[Exercise instructions] Repeat each record below exactly as given.

--- --- ---

-- ===== src/Cfg.antt =====
-- mycode/dvbcfg_common.h and dvbcfg_common.c: the parsers for one field of a configuration line.
--
-- `char *` is a list of cells, from the pointer to the end of the buffer, with the terminators in it;
-- the end of the list stands for a terminator. A parser that moves the caller's pointer returns the new
-- one, `none` for NULL. The terminator that it writes behind its field is not kept in the cells, since
-- no later parser reads before its pointer. An int is its bit pattern.
pub mod Settings
mod Tests
use Prim.Native.Char.{code}
use Prim.Native.String.{String}
use mathlib.Core.Option
use dvb_stream_v.Base.{
  ℕ, ◌+◌, ◌-◌, ◌*◌, ◌^◌, min, Bool, true, false, ◌&&◌, ◌||◌, Option, none, some, List, [], ◌∷◌,
  ◌++◌, map, ltb, leb, ◌==◌, if◌then◌else◌, length, drop, u32,
}

-- The codes of an ASCII text.
abbrev pub codes : String → List ℕ
codes String.[] = []
codes (String.◌∷◌ c s) = code c ∷ codes s

-- `strcmp(a, b) == 0`, for two texts without terminators in them.
abbrev pub same_text : List ℕ → List ℕ → Bool
same_text [] [] = true
same_text (x ∷ xs) (y ∷ ys) = x == y && same_text xs ys
same_text xs ys = false

-- `strchr(tokens, c) != NULL` for a `c` that is not 0.
unfoldable pub contains : List ℕ → ℕ → Bool
contains [] c = false
contains (t ∷ ts) c = t == c || contains ts c

-- The loop that looks for the end of a field: the field, and the cells from `stop` on, behind the token
-- if there is one.
unfoldable pub scan : List ℕ → List ℕ → List ℕ × List ℕ
unfolding contains
scan tokens [] = ([], [])
scan tokens (c ∷ cs) =
    let (field, stop) = scan tokens cs in
    if c == 0 then ([], c ∷ cs) else if contains tokens c then ([], cs) else (c ∷ field, stop)

-- `isspace` of the C locale.
unfoldable pub is_space : ℕ → Bool
is_space c = c == b' ' || (leb 9 c && leb c 13)

-- The value of a digit, if it is one of the base.
unfoldable pub digit_of : ℕ → ℕ → Option ℕ
digit_of base c =
    let v =
      if leb b'0' c && leb c b'9'
      then c - b'0'
      else if leb b'a' c && leb c b'f'
      then c - b'a' + 10
      else if leb b'A' c && leb c b'F'
      then c - b'A' + 10
      else 16 in
    if ltb v base then some v else none

-- The number that the digits at the front make, behind `acc`.
unfoldable pub read_digits : ℕ → ℕ → List ℕ → ℕ
unfolding digit_of
read_digits base acc [] = acc
read_digits base acc (c ∷ cs) = elim (digit_of base c) [
  | none ↦ acc
  | some d ↦ read_digits base (acc * base + d) cs
]

-- At least one digit.
unfoldable pub read_number : ℕ → List ℕ → Option ℕ
unfolding digit_of read_digits
read_number base [] = none
read_number base (c ∷ cs) = elim (digit_of base c) [
  | none ↦ none
  | some d ↦ some (read_digits base d cs)
]

-- The base by the prefix, as `%i` has it.
unfoldable pub read_prefixed : List ℕ → Option ℕ
unfolding read_number
read_prefixed (c ∷ x ∷ cs) =
    if c == b'0'
    then if x == b'x' || x == b'X' then read_number 16 cs else read_number 8 (c ∷ x ∷ cs)
    else read_number 10 (c ∷ x ∷ cs)
read_prefixed cs = read_number 10 cs

unfoldable pub skip_space : List ℕ → List ℕ
unfolding is_space
skip_space [] = []
skip_space (c ∷ cs) = let rest = skip_space cs in if is_space c then rest else c ∷ cs

-- `sscanf(start, "%i", &value)`: the value is read as a long, which stops at its bounds, and stored as
-- an int. `none`: no conversion.
unfoldable pub scan_int : List ℕ → Option ℕ
unfolding read_prefixed skip_space
scan_int start = elim (skip_space start) [
  | [] ↦ none
  | c ∷ cs ↦
      if c == b'-'
      then Option.map (λ v. u32 (2 ^ 64 - min v (2 ^ 63))) (read_prefixed cs)
      else Option.map (λ v. u32 (min v (2 ^ 63 - 1)))
          (if c == b'+' then read_prefixed cs else read_prefixed (c ∷ cs))
]

-- The int -1.
abbrev pub minus_one : ℕ
minus_one = 2 ^ 32 - 1

-- What a parser leaves in `*text`, and its value.
abbrev pub Field : Type 0
Field = Option (List ℕ) × ℕ

unfoldable pub dvbcfg_parse_int : List ℕ → List ℕ → Field
unfolding scan scan_int
dvbcfg_parse_int text tokens =
    let (start, stop) = scan tokens text in
    elim (scan_int start) [ none ↦ (none, minus_one) | some value ↦ (some stop, value) ]

unfoldable pub dvbcfg_parse_char : List ℕ → List ℕ → Field
unfolding scan
dvbcfg_parse_char text tokens =
    let (start, stop) = scan tokens text in
    elim start [ [] ↦ (none, minus_one) | c ∷ cs ↦ (some stop, c) ]

-- `struct dvbcfg_setting`
pub record DvbcfgSetting : Type 0 where
  pub name : List ℕ
  pub value : ℕ

-- The loop over the settings of `dvbcfg_parse_setting`.
unfoldable pub find_name : List ℕ → List DvbcfgSetting → Option ℕ
find_name start [] = none
find_name start (s ∷ settings) =
    if same_text start s.name then some s.value else find_name start settings

unfoldable pub dvbcfg_parse_setting : List ℕ → List ℕ → List DvbcfgSetting → Field
unfolding scan find_name
dvbcfg_parse_setting text tokens settings =
    let (start, stop) = scan tokens text in
    elim (find_name start settings) [ none ↦ (none, minus_one) | some value ↦ (some stop, value) ]

-- The loop of `dvbcfg_parse_string`, with the cells from `stop` on.
unfoldable pub scan_string : List ℕ → List ℕ → List ℕ × List ℕ
unfolding contains
scan_string tokens [] = ([], [])
scan_string tokens (c ∷ cs) =
    let (field, stop) = scan_string tokens cs in
    if c == 0 || contains tokens c then ([], c ∷ cs) else (c ∷ field, stop)

-- `dvbcfg_parse_string`: `*text`, and what is copied to `dest`, with a terminator. `strchr` finds the
-- terminator of `tokens` too, so its test holds at the end of the text as well: `*text` is then one
-- cell behind the text's terminator.
unfoldable pub dvbcfg_parse_string : List ℕ → List ℕ → ℕ → Option (List ℕ) × Option (List ℕ)
unfolding scan_string
dvbcfg_parse_string text tokens size =
    let (field, stop) = scan_string tokens text in
    if leb (length field + 1) size
    then (some (drop 1 stop), some (field ++ 0 ∷ []))
    else (none, none)

unfoldable pub dvbcfg_lookup_setting : ℕ → List DvbcfgSetting → Option (List ℕ)
dvbcfg_lookup_setting setting [] = none
dvbcfg_lookup_setting setting (s ∷ settings) =
    if setting == s.value then some s.name else dvbcfg_lookup_setting setting settings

--- --- ---

[Task solution]
-- ===== src/Cfg.antt =====
-- mycode/dvbcfg_common.h and dvbcfg_common.c: the parsers for one field of a configuration line.
--
-- `char *` is a list of cells, from the pointer to the end of the buffer, with the terminators in it;
-- the end of the list stands for a terminator. A parser that moves the caller's pointer returns the new
-- one, `none` for NULL. The terminator that it writes behind its field is not kept in the cells, since
-- no later parser reads before its pointer. An int is its bit pattern.
pub mod Settings
mod Tests
use Prim.Native.Char.{code}
use Prim.Native.String.{String}
use mathlib.Core.Option
use dvb_stream_v.Base.{
  ℕ, ◌+◌, ◌-◌, ◌*◌, ◌^◌, min, Bool, true, false, ◌&&◌, ◌||◌, Option, none, some, List, [], ◌∷◌,
  ◌++◌, map, ltb, leb, ◌==◌, if◌then◌else◌, length, drop, u32,
}

-- The codes of an ASCII text.
abbrev pub codes : String → List ℕ
codes String.[] = []
codes (String.◌∷◌ c s) = code c ∷ codes s

-- `strcmp(a, b) == 0`, for two texts without terminators in them.
abbrev pub same_text : List ℕ → List ℕ → Bool
same_text [] [] = true
same_text (x ∷ xs) (y ∷ ys) = x == y && same_text xs ys
same_text xs ys = false

-- `strchr(tokens, c) != NULL` for a `c` that is not 0.
unfoldable pub contains : List ℕ → ℕ → Bool
contains [] c = false
contains (t ∷ ts) c = t == c || contains ts c

-- The loop that looks for the end of a field: the field, and the cells from `stop` on, behind the token
-- if there is one.
unfoldable pub scan : List ℕ → List ℕ → List ℕ × List ℕ
unfolding contains
scan tokens [] = ([], [])
scan tokens (c ∷ cs) =
    let (field, stop) = scan tokens cs in
    if c == 0 then ([], c ∷ cs) else if contains tokens c then ([], cs) else (c ∷ field, stop)

-- `isspace` of the C locale.
unfoldable pub is_space : ℕ → Bool
is_space c = c == b' ' || (leb 9 c && leb c 13)

-- The value of a digit, if it is one of the base.
unfoldable pub digit_of : ℕ → ℕ → Option ℕ
digit_of base c =
    let v =
      if leb b'0' c && leb c b'9'
      then c - b'0'
      else if leb b'a' c && leb c b'f'
      then c - b'a' + 10
      else if leb b'A' c && leb c b'F'
      then c - b'A' + 10
      else 16 in
    if ltb v base then some v else none

-- The number that the digits at the front make, behind `acc`.
unfoldable pub read_digits : ℕ → ℕ → List ℕ → ℕ
unfolding digit_of
read_digits base acc [] = acc
read_digits base acc (c ∷ cs) = elim (digit_of base c) [
  | none ↦ acc
  | some d ↦ read_digits base (acc * base + d) cs
]

-- At least one digit.
unfoldable pub read_number : ℕ → List ℕ → Option ℕ
unfolding digit_of read_digits
read_number base [] = none
read_number base (c ∷ cs) = elim (digit_of base c) [
  | none ↦ none
  | some d ↦ some (read_digits base d cs)
]

-- The base by the prefix, as `%i` has it.
unfoldable pub read_prefixed : List ℕ → Option ℕ
unfolding read_number
read_prefixed (c ∷ x ∷ cs) =
    if c == b'0'
    then if x == b'x' || x == b'X' then read_number 16 cs else read_number 8 (c ∷ x ∷ cs)
    else read_number 10 (c ∷ x ∷ cs)
read_prefixed cs = read_number 10 cs

unfoldable pub skip_space : List ℕ → List ℕ
unfolding is_space
skip_space [] = []
skip_space (c ∷ cs) = let rest = skip_space cs in if is_space c then rest else c ∷ cs

-- `sscanf(start, "%i", &value)`: the value is read as a long, which stops at its bounds, and stored as
-- an int. `none`: no conversion.
unfoldable pub scan_int : List ℕ → Option ℕ
unfolding read_prefixed skip_space
scan_int start = elim (skip_space start) [
  | [] ↦ none
  | c ∷ cs ↦
      if c == b'-'
      then Option.map (λ v. u32 (2 ^ 64 - min v (2 ^ 63))) (read_prefixed cs)
      else Option.map (λ v. u32 (min v (2 ^ 63 - 1)))
          (if c == b'+' then read_prefixed cs else read_prefixed (c ∷ cs))
]

-- The int -1.
abbrev pub minus_one : ℕ
minus_one = 2 ^ 32 - 1

-- What a parser leaves in `*text`, and its value.
abbrev pub Field : Type 0
Field = Option (List ℕ) × ℕ

unfoldable pub dvbcfg_parse_int : List ℕ → List ℕ → Field
unfolding scan scan_int
dvbcfg_parse_int text tokens =
    let (start, stop) = scan tokens text in
    elim (scan_int start) [ none ↦ (none, minus_one) | some value ↦ (some stop, value) ]

unfoldable pub dvbcfg_parse_char : List ℕ → List ℕ → Field
unfolding scan
dvbcfg_parse_char text tokens =
    let (start, stop) = scan tokens text in
    elim start [ [] ↦ (none, minus_one) | c ∷ cs ↦ (some stop, c) ]

-- `struct dvbcfg_setting`
pub record DvbcfgSetting : Type 0 where
  pub name : List ℕ
  pub value : ℕ

-- The loop over the settings of `dvbcfg_parse_setting`.
unfoldable pub find_name : List ℕ → List DvbcfgSetting → Option ℕ
find_name start [] = none
find_name start (s ∷ settings) =
    if same_text start s.name then some s.value else find_name start settings

unfoldable pub dvbcfg_parse_setting : List ℕ → List ℕ → List DvbcfgSetting → Field
unfolding scan find_name
dvbcfg_parse_setting text tokens settings =
    let (start, stop) = scan tokens text in
    elim (find_name start settings) [ none ↦ (none, minus_one) | some value ↦ (some stop, value) ]

-- The loop of `dvbcfg_parse_string`, with the cells from `stop` on.
unfoldable pub scan_string : List ℕ → List ℕ → List ℕ × List ℕ
unfolding contains
scan_string tokens [] = ([], [])
scan_string tokens (c ∷ cs) =
    let (field, stop) = scan_string tokens cs in
    if c == 0 || contains tokens c then ([], c ∷ cs) else (c ∷ field, stop)

-- `dvbcfg_parse_string`: `*text`, and what is copied to `dest`, with a terminator. `strchr` finds the
-- terminator of `tokens` too, so its test holds at the end of the text as well: `*text` is then one
-- cell behind the text's terminator.
unfoldable pub dvbcfg_parse_string : List ℕ → List ℕ → ℕ → Option (List ℕ) × Option (List ℕ)
unfolding scan_string
dvbcfg_parse_string text tokens size =
    let (field, stop) = scan_string tokens text in
    if leb (length field + 1) size
    then (some (drop 1 stop), some (field ++ 0 ∷ []))
    else (none, none)

unfoldable pub dvbcfg_lookup_setting : ℕ → List DvbcfgSetting → Option (List ℕ)
dvbcfg_lookup_setting setting [] = none
dvbcfg_lookup_setting setting (s ∷ settings) =
    if setting == s.value then some s.name else dvbcfg_lookup_setting setting settings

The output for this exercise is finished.